Atemwegs-zentrierte interstitielle Fibrose
Synonyme: Atemwegszentrierte Fibrose, bronchiolozentrische interstitielle Pneumonie
Englisch: airway-centered interstitial fibrosis, centrilobular fibrosis
Definition
Die Atemwegs-zentrierte interstitielle Fibrose, kurz ACIF, ist eine seltene Erkrankung, die durch fibrotische Veränderungen um die Bronchiolen (bronchiolozentrisch) gekennzeichnet. Ein Teil der Fälle ist auf Inhalationsschäden oder Aspiration zurückzuführen, die ACIF tritt aber auch idiopathisch auf.
Epidemiologie
Typischerweise sind Frauen im 40. bis 50. Lebensjahr betroffen.
Ätiologie
Die genaue Ätiologie der ACIF ist derzeit (2024) unklar. Sie stellt vermutlich ein Reaktionsmuster auf verschiedene Umweltfaktoren dar:
- Inhalative Noxen (z.B. chemische Dämpfe, Schimmelpilze)
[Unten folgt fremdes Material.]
-- ===== src/Protocol/Realtime/Entry.antt =====
-- When `protocol_exec_rt_system` of protocol.c may set the cycle running.
use mathlib.Core.Option.{some-injective}
use g_carvin.Base.{
  Bool, true, false, ◌||◌, ◌≡◌, ◌⊎◌, inl, inr, sym, ap, ◌∙◌, arith, if_ind, if_cases, List, some,
}
use g_carvin.System.{cycle, Machine, ExecState, StepControl}
use g_carvin.System.Flags.{system_clear_exec_state_flag, no_exec}
use g_carvin.Protocol.Hold.{
  begin_hold, hold_when_idle, motion_cancel, feed_hold, restart_retract, enter_door, set_ajar,
  door_event, sleep_event, hold_events, hold_block,
}
use g_carvin.Protocol.Cycle.{
  start_at_door, resume, start_or_restore, start_block, complete_hold, flush_jog, end_motion,
  stop_block,
}
use g_carvin.Protocol.Realtime.{
  count_report, status_block, state_blocks, override_blocks, protocol_exec_rt_system,
}
use g_carvin.Protocol.Realtime.Interlock.{pass_lem, override_blocks-same}
use g_carvin.Protocol.Alarm.{Interrupt}

-- A step that does not set the cycle running, and does not make a block appear.
record NoStart (m n : Machine) : Type 0 where
  running : n.state ≡ cycle → m.state ≡ cycle
  block : n.block_waiting ≡ true → m.block_waiting ≡ true

NoStart-refl : (m : Machine) → NoStart m m
NoStart-refl m = record { running = λ h. h; block = λ h. h }

NoStart-trans : {a b c : Machine} → NoStart a b → NoStart b c → NoStart a c
NoStart-trans p q = record {
  running = λ h. p.running (q.running h);
  block = λ h. p.block (q.block h);
}

clear-NoStart : (e : ExecState) (m : Machine) → NoStart m (system_clear_exec_state_flag e m)
unfolding system_clear_exec_state_flag
clear-NoStart e m = ground arith

status_block-NoStart : (rt : ExecState) (m : Machine) → NoStart m (status_block rt m)
unfolding status_block system_clear_exec_state_flag count_report
status_block-NoStart rt m = ground arith

begin_hold-NoStart : (rt : ExecState) (m : Machine) → NoStart m (begin_hold rt m)
unfolding begin_hold
begin_hold-NoStart rt m = ground arith

hold_when_idle-NoStart : (m : Machine) → NoStart m (hold_when_idle m)
unfolding hold_when_idle
hold_when_idle-NoStart m = ground arith

motion_cancel-NoStart : (rt : ExecState) (m : Machine) → NoStart m (motion_cancel rt m)
unfolding motion_cancel
motion_cancel-NoStart rt m = ground arith

feed_hold-NoStart : (rt : ExecState) (m : Machine) → NoStart m (feed_hold rt m)
unfolding feed_hold
feed_hold-NoStart rt m = ground arith

restart_retract-NoStart : (m : Machine) → NoStart m (restart_retract m)
unfolding restart_retract
restart_retract-NoStart m = record { running = λ h. h; block = λ h. h }

enter_door-NoStart : (m : Machine) → NoStart m (enter_door m)
unfolding enter_door
enter_door-NoStart m = ground (arith, (restart_retract-NoStart m).block)

door_event-NoStart : (rt : ExecState) (m : Machine) → NoStart m (door_event rt m)
unfolding door_event set_ajar
door_event-NoStart rt m =
    if_ind (NoStart m) _
      (NoStart-trans (record { running = λ h. h; block = λ h. h })
        (NoStart-trans (enter_door-NoStart _) (record { running = λ h. h; block = λ h. h })))
      (NoStart-refl m)

sleep_event-NoStart : (rt : ExecState) (m : Machine) → NoStart m (sleep_event rt m)
unfolding sleep_event
sleep_event-NoStart rt m = ground arith

hold_events-NoStart : (rt : ExecState) (m : Machine) → NoStart m (hold_events rt m)
unfolding hold_events
hold_events-NoStart rt m = if_ind (NoStart m) _ (NoStart-refl m) (
    NoStart-trans (begin_hold-NoStart rt m) (
      NoStart-trans (hold_when_idle-NoStart _) (
        NoStart-trans (motion_cancel-NoStart rt _)
          (NoStart-trans (feed_hold-NoStart rt _) (door_event-NoStart rt _)))))

hold_block-NoStart : (rt : ExecState) (m : Machine) → NoStart m (hold_block rt m)
unfolding hold_block
hold_block-NoStart rt m =
    if_ind (NoStart m) _
      (NoStart-trans (hold_events-NoStart rt m)
        (NoStart-trans (sleep_event-NoStart rt _) (clear-NoStart _ _)))
      (NoStart-refl m)

complete_hold-NoStart : (m : Machine) → NoStart m (complete_hold m)
unfolding complete_hold
complete_hold-NoStart m = record { running = λ h. h; block = λ h. h }

flush_jog-NoStart : (m : Machine) → NoStart m (flush_jog m)
unfolding flush_jog
flush_jog-NoStart m = ground arith

end_motion-NoStart : (m : Machine) → NoStart m (end_motion m)
unfolding end_motion
end_motion-NoStart m = ground arith

stop_block-NoStart : (rt : ExecState) (m : Machine) → NoStart m (stop_block rt m)
unfolding stop_block
stop_block-NoStart rt m =
    if_ind (NoStart m) _
      (NoStart-trans
        (if_ind (NoStart m) _ (complete_hold-NoStart m)
          (NoStart-trans (flush_jog-NoStart m) (end_motion-NoStart _)))
        (clear-NoStart _ _))
      (NoStart-refl m)

start_at_door-NoStart : (m : Machine) → NoStart m (start_at_door m)
unfolding start_at_door
start_at_door-NoStart m = ground arith

-- What a start needs of the flags and the planner.
pub record StartAllowed (rt : ExecState) (m : Machine) : Type 0 where
  pub asked : rt.cycle_start ≡ true
  pub no_hold : rt.feed_hold ≡ false
  pub no_cancel : rt.motion_cancel ≡ false
  pub no_door : rt.safety_door ≡ false
  pub block : m.block_waiting ≡ true

or_false₃ : (a b c : Bool) → (a || (b || c)) ≡ false → (a ≡ false) × (b ≡ false) × (c ≡ false)
or_false₃ a b c h = ground arith

StartAllowed-NoStart :
    {rt : ExecState} {m n : Machine} → NoStart m n → StartAllowed rt n → StartAllowed rt m
StartAllowed-NoStart s a = record {
  asked = a.asked;
  no_hold = a.no_hold;
  no_cancel = a.no_cancel;
  no_door = a.no_door;
  block = s.block a.block;
}

abbrev start_flag : ExecState
start_flag = record no_exec { cycle_start = true }

module _ (prep : Machine → StepControl) where
  resume-block : (m : Machine) → (resume prep m).state ≡ cycle → m.block_waiting ≡ true
  unfolding resume
  resume-block m h = ground arith

  start_or_restore-block :
      (m : Machine)
      → (start_or_restore prep m).state ≡ cycle
      → (m.state ≡ cycle) ⊎ (m.block_waiting ≡ true)
  unfolding start_or_restore
  start_or_restore-block m h = ground (arith, resume-block m)

  start_door-block :
      (m : Machine)
      → (start_or_restore prep (start_at_door m)).state ≡ cycle
      → (m.state ≡ cycle) ⊎ (m.block_waiting ≡ true)
  start_door-block m h =
      let n = start_at_door-NoStart m in
      elim (start_or_restore-block (start_at_door m) h) [
        | inl running ↦ inl (n.running running)
        | inr block ↦ inr (n.block block)
      ]

  start_block-entry :
      (rt : ExecState) (m : Machine)
      → (start_block prep rt m).state ≡ cycle
      → (m.state ≡ cycle) ⊎ StartAllowed rt m
  unfolding start_block
  start_block-entry rt m =
      if_cases Enters rt.cycle_start
        (λ asked. clear_enters _ (
          if_cases Enters (rt.feed_hold || (rt.motion_cancel || rt.safety_door)) (λ held h. inl h)
            (λ free h. allowed asked (or_false₃ _ _ _ free) (start_door-block m h))))
        (λ _ h. inl h)
    where
      Enters : Machine → Type 0
      Enters n = n.state ≡ cycle → (m.state ≡ cycle) ⊎ StartAllowed rt m

      clear_enters : (n : Machine) → Enters n → Enters (system_clear_exec_state_flag start_flag n)
      clear_enters n e h = e ((clear-NoStart start_flag n).running h)

      allowed :
          rt.cycle_start ≡ true
          → (rt.feed_hold ≡ false) × (rt.motion_cancel ≡ false) × (rt.safety_door ≡ false)
          → (m.state ≡ cycle) ⊎ (m.block_waiting ≡ true)
          → (m.state ≡ cycle) ⊎ StartAllowed rt m
      allowed a f (inl running) = inl running
      allowed a f (inr waits) =
          inr (record { asked = a; no_hold = f.0; no_cancel = f.1; no_door = f.2; block = waits })

  state_blocks-entry :
      (rt : ExecState) (m : Machine)
      → (state_blocks prep rt m).state ≡ cycle
      → (m.state ≡ cycle) ⊎ StartAllowed rt m
  unfolding state_blocks
  state_blocks-entry rt m h =
      let before = NoStart-trans (status_block-NoStart rt m) (hold_block-NoStart rt _) in
      elim (start_block-entry rt _ ((stop_block-NoStart rt _).running h)) [
        | inl running ↦ inl (before.running running)
        | inr allowed ↦ inr (StartAllowed-NoStart before allowed)
      ]

  -- With no alarm and no reset pending, a pass of the realtime executor ends in the cycle state only
  -- if the cycle ran before, or if a cycle start was asked for with no feed hold, motion cancel or
  -- door event beside it and the planner holds a block.
  pub cycle_entry :
      (arrivals : List Interrupt) (m : Machine) {n : Machine}
      → m.exec_alarm ≡ 0
      → m.exec_state.reset ≡ false
      → protocol_exec_rt_system prep arrivals m ≡ some n
      → n.state ≡ cycle
      → (m.state ≡ cycle) ⊎ StartAllowed m.exec_state m
  cycle_entry arrivals m {n} a r e h =
      let same : some n ≡ some (override_blocks prep (state_blocks prep m.exec_state m)) =
        sym e ∙ pass_lem prep arrivals m a r in
      let state = (override_blocks-same prep (state_blocks prep m.exec_state m)).state in
      state_blocks-entry m.exec_state m
        (sym state ∙ ap (λ (k : Machine). k.state) (sym (some-injective n _ same)) ∙ h)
- gastroösophageale Refluxkrankheit (GERD)
- Medikamenten-Nebenwirkung
- chronisch-rezidivierende Infektionen
- Nikotinabusus (< 50 %): kann zur Schädigung beitragen. Die meisten Patienten sind jedoch Nichtraucher.
Klinik
Die ACIF ist gekennzeichnet durch chronischen Husten und langsam progrediente Dyspnoe. Im Lungenfunktionstest liegt eine restriktive Ventilationsstörung vor.
Radiologie
Das Röntgen-Thorax kann unauffällig sein. Mögliche Befunde sind Bronchialwandverdickungen, zentrale Ringschatten und Architekturstörungen.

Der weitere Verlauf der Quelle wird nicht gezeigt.